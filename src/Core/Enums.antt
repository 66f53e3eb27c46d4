-- ===== src/Core/Enums.antt =====
-- core/enums.py: the enumerations that the control plane shares, with the sets of task statuses.
use mini_ai_cloud.Prelude.{ℕ, ◌≡◌, ◌↔◌, Bool, true, List, [], ◌∷◌, ◌==◌, any, arith}

pub data AcceleratorVendor : Type 0 where
  nvidia huawei_ascend : AcceleratorVendor

pub data AcceleratorKind : Type 0 where
  gpu npu : AcceleratorKind

pub data AcceleratorSelectionPolicy : Type 0 where
  any_vendor nvidia_only ascend_only prefer_nvidia prefer_ascend : AcceleratorSelectionPolicy

pub data AllocationAuthority : Type 0 where
  control_plane_exact_device kubernetes_device_plugin : AllocationAuthority

pub data TaskStatus : Type 0 where
  pending queued scheduling assigned preparing pulling starting running : TaskStatus
  preempting preempted stopping succeeded failed cancelled timed_out retrying : TaskStatus

pub data WorkerStatus : Type 0 where
  online offline draining : WorkerStatus

pub data RetryBackoff : Type 0 where
  exponential linear fixed : RetryBackoff

pub data ErrorCategory : Type 0 where
  user_error infra_error resource_error timeout preempted_error cancelled_error : ErrorCategory
  internal_error : ErrorCategory

pub data ProjectRole : Type 0 where
  owner admin member viewer : ProjectRole

-- The place of a status among the members, by which statuses are compared.
index : TaskStatus → ℕ
index pending = 0
index queued = 1
index scheduling = 2
index assigned = 3
index preparing = 4
index pulling = 5
index starting = 6
index running = 7
index preempting = 8
index preempted = 9
index stopping = 10
index succeeded = 11
index failed = 12
index cancelled = 13
index timed_out = 14
index retrying = 15

unfoldable pub same_status : TaskStatus → TaskStatus → Bool
unfolding index
same_status s t = index s == index t

pub same_status_iff : (s t : TaskStatus) → (same_status s t ≡ true) ↔ (s ≡ t)
unfolding same_status index
same_status_iff s t = ground arith

-- `status in statuses`
unfoldable pub is_in : TaskStatus → List TaskStatus → Bool
unfolding same_status
is_in s statuses = any (same_status s) statuses

abbrev pub final_task_statuses : List TaskStatus
final_task_statuses = succeeded ∷ failed ∷ cancelled ∷ timed_out ∷ preempted ∷ []

abbrev pub active_task_statuses : List TaskStatus
active_task_statuses =
    scheduling ∷ assigned ∷ preparing ∷ pulling ∷ starting ∷ running ∷ preempting ∷ stopping ∷ []

unfoldable pub is_final : TaskStatus → Bool
unfolding is_in
is_final s = is_in s final_task_statuses

unfoldable pub is_active : TaskStatus → Bool
unfolding is_in
is_active s = is_in s active_task_statuses
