-- ===== src/Prelude/Order.antt =====
-- Sort keys: a total preorder as a Boolean test, by key, and in lexicographic combination, as
-- Python compares tuples.
use Prim.Native.Nat.{ℕ}
use mathlib.Core.Path.{◌≡◌, refl}
use mathlib.Core.List.{List, [], ◌∷◌}
use mathlib.Core.Logic.{◌⊎◌, inl, inr}
use mathlib.Core.Bool.{Bool, true, false, not, ◌&&◌, ◌||◌}
use native.Mathlib.Omega.{arith}
use mini_ai_cloud.Prelude.Tests.{leb}

pub record Order {ℓ} (A : Type ℓ) : Type ℓ where
  pub le : A → A → Bool
  pub total : (a b : A) → (le a b ≡ true) ⊎ (le b a ≡ true)
  pub trans : (a b c : A) → le a b ≡ true → le b c ≡ true → le a c ≡ true

pub leb_total : (a b : ℕ) → (leb a b ≡ true) ⊎ (leb b a ≡ true)
leb_total a b = ground arith

pub leb_trans : (a b c : ℕ) → leb a b ≡ true → leb b c ≡ true → leb a c ≡ true
leb_trans a b c h k = ground arith

abbrev pub by_nat : Order ℕ
by_nat = record { le = leb; total = leb_total; trans = leb_trans }

-- The order of the keys.
abbrev pub on {ℓ κ} : {A : Type ℓ} {B : Type κ} → (A → B) → Order B → Order A
on f o = record {
  le = λ a b. o.le (f a) (f b);
  total = λ a b. o.total (f a) (f b);
  trans = λ a b c. o.trans (f a) (f b) (f c);
}

module _ {ℓ} {A : Type ℓ} where
  -- The larger first.
  abbrev pub descending : Order A → Order A
  descending o = record {
    le = λ a b. o.le b a;
    total = λ a b. o.total b a;
    trans = λ a b c h k. o.trans c b a k h;
  }

  abbrev pub lex_le : Order A → Order A → A → A → Bool
  lex_le o p a b = o.le a b && (not (o.le b a) || p.le a b)

  pub lex_total : (o p : Order A) (a b : A) → (lex_le o p a b ≡ true) ⊎ (lex_le o p b a ≡ true)
  lex_total o p a b = ground (arith, o.total a b, p.total a b)

  pub lex_trans :
      (o p : Order A) (a b c : A)
      → lex_le o p a b ≡ true
      → lex_le o p b c ≡ true
      → lex_le o p a c ≡ true
  lex_trans o p a b c h k =
      ground (arith, o.trans a b c, o.trans c a b, o.trans b c a, p.trans a b c)

  -- The first key decides, and the second where the first ties.
  infixr 30 ◌then_by◌
  abbrev pub ◌then_by◌ : Order A → Order A → Order A
  o then_by p = record { le = lex_le o p; total = lex_total o p; trans = lex_trans o p }

  pub le_refl : (o : Order A) (a : A) → o.le a a ≡ true
  le_refl o a = elim (o.total a a) [ inl h ↦ h | inr h ↦ h ]

  pub le_of_not : (o : Order A) (a b : A) → o.le a b ≡ false → o.le b a ≡ true
  le_of_not o a b h = ground (arith, o.total a b)

module _ {ℓ} {A : Type ℓ} where
  -- Sequences of one order, item by item; a prefix comes first.
  unfoldable pub list_le : Order A → List A → List A → Bool
  list_le o [] ys = true
  list_le o (x ∷ xs) [] = false
  list_le o (x ∷ xs) (y ∷ ys) = o.le x y && (not (o.le y x) || list_le o xs ys)

  pub list_total :
      (o : Order A) (xs ys : List A) → (list_le o xs ys ≡ true) ⊎ (list_le o ys xs ≡ true)
  unfolding list_le
  list_total o [] ys = inl refl
  list_total o (x ∷ xs) [] = inr refl
  list_total o (x ∷ xs) (y ∷ ys) = ground (arith, o.total x y, list_total o xs ys)

  pub list_trans :
      (o : Order A) (xs ys zs : List A)
      → list_le o xs ys ≡ true
      → list_le o ys zs ≡ true
      → list_le o xs zs ≡ true
  unfolding list_le
  list_trans o [] ys zs h k = refl
  list_trans o (x ∷ xs) [] zs h k = cc
  list_trans o (x ∷ xs) (y ∷ ys) [] h k = ground arith
  list_trans o (x ∷ xs) (y ∷ ys) (z ∷ zs) h k =
      ground (arith, o.trans x y z, o.trans z x y, o.trans y z x, list_trans o xs ys zs)

  abbrev pub by_list : Order A → Order (List A)
  by_list o = record { le = list_le o; total = list_total o; trans = list_trans o }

Task brief: In the data above, find the line that contains "pub lex_total : (o" and the line that contains "lex_trans o p a". Repeat exactly those lines and every line between them, and only those.

Finished exercise:
  pub lex_total : (o p : Order A) (a b : A) → (lex_le o p a b ≡ true) ⊎ (lex_le o p b a ≡ true)
  lex_total o p a b = ground (arith, o.total a b, p.total a b)

  pub lex_trans :
      (o p : Order A) (a b c : A)
      → lex_le o p a b ≡ true
      → lex_le o p b c ≡ true
      → lex_le o p a c ≡ true
  lex_trans o p a b c h k =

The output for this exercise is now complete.